Talking was such a struggle. I didn't want to argue with this nice lady.  I felt a post-stroke emotional outburst welling up inside. "Ok," I muttered. "Yoga."

That was the only conversation I had with a medical professional about potential intimacy issues in a post-stroke life.

Having been out of the hospital for two years has allowed me to gain a lot of perspective. People who have strokes are still human beings with human needs.  If lucky, stroke survivors get to go home and re-join the human race. They are husbands, wives, boyfriends, girlfriends, parents and children.  My story is not unique.
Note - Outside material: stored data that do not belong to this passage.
-- ===== src/History/Tests.antt =====
-- The theorems on the history at three blocks.
use cpp_jam.Common.{ℕ, suc, ◌≡◌, refl, List, [], ◌∷◌, Option, none, some}
use cpp_jam.Common.Bytes.{be_bytes}
use cpp_jam.History.Mmr.{append, join}
use cpp_jam.History.Represents.{Represents}
use cpp_jam.History.Blocks.{Input, last_mmr}
use cpp_jam.History.Runs.{run, header_hashes, run_mmr, run_blocks}

-- A stand-in for Keccak.
abbrev last_byte : List ℕ → ℕ
last_byte [] = 0
last_byte (b ∷ []) = suc b
last_byte (b ∷ c ∷ bs) = last_byte (c ∷ bs)

abbrev block : ℕ → Input
block n = record {
  header_hash = n;
  parent_state_root = suc n;
  accumulate_root = n;
  work_packages = [];
}

abbrev three : List Input
three = block 1 ∷ block 2 ∷ block 3 ∷ []

abbrev full : List (Option ℕ)
full = some 5 ∷ some 9 ∷ []

carries : append last_byte full 7 ≡ none ∷ none ∷ some 9 ∷ []
unfolding append join be_bytes
carries = refl

run_mmr_example : Represents last_byte 0 (last_mmr (run last_byte [] three)) (1 ∷ 2 ∷ 3 ∷ [])
run_mmr_example = run_mmr last_byte three

run_blocks_example : header_hashes (run last_byte [] three) ≡ 1 ∷ 2 ∷ 3 ∷ []
run_blocks_example = run_blocks last_byte three
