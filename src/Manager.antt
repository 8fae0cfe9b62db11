-- ===== src/Manager.antt =====
-- src/se/impl/subscription_manager.hpp: the engines by the types of the events' arguments.
pub mod Engines
pub mod Shared
mod Tests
Stroke rehab takes time and is difficult. A lot of what happens during formal rehab is messy, uncomfortable, de-humanizing and downright embarrassing...for survivors as well as their caregivers. I believe that the more the struggles of rehabilitation are talked about, the more help and resources can become available.

If your loved ones are stroke survivors or caregivers encourage them  to tell their stories. It makes a difference.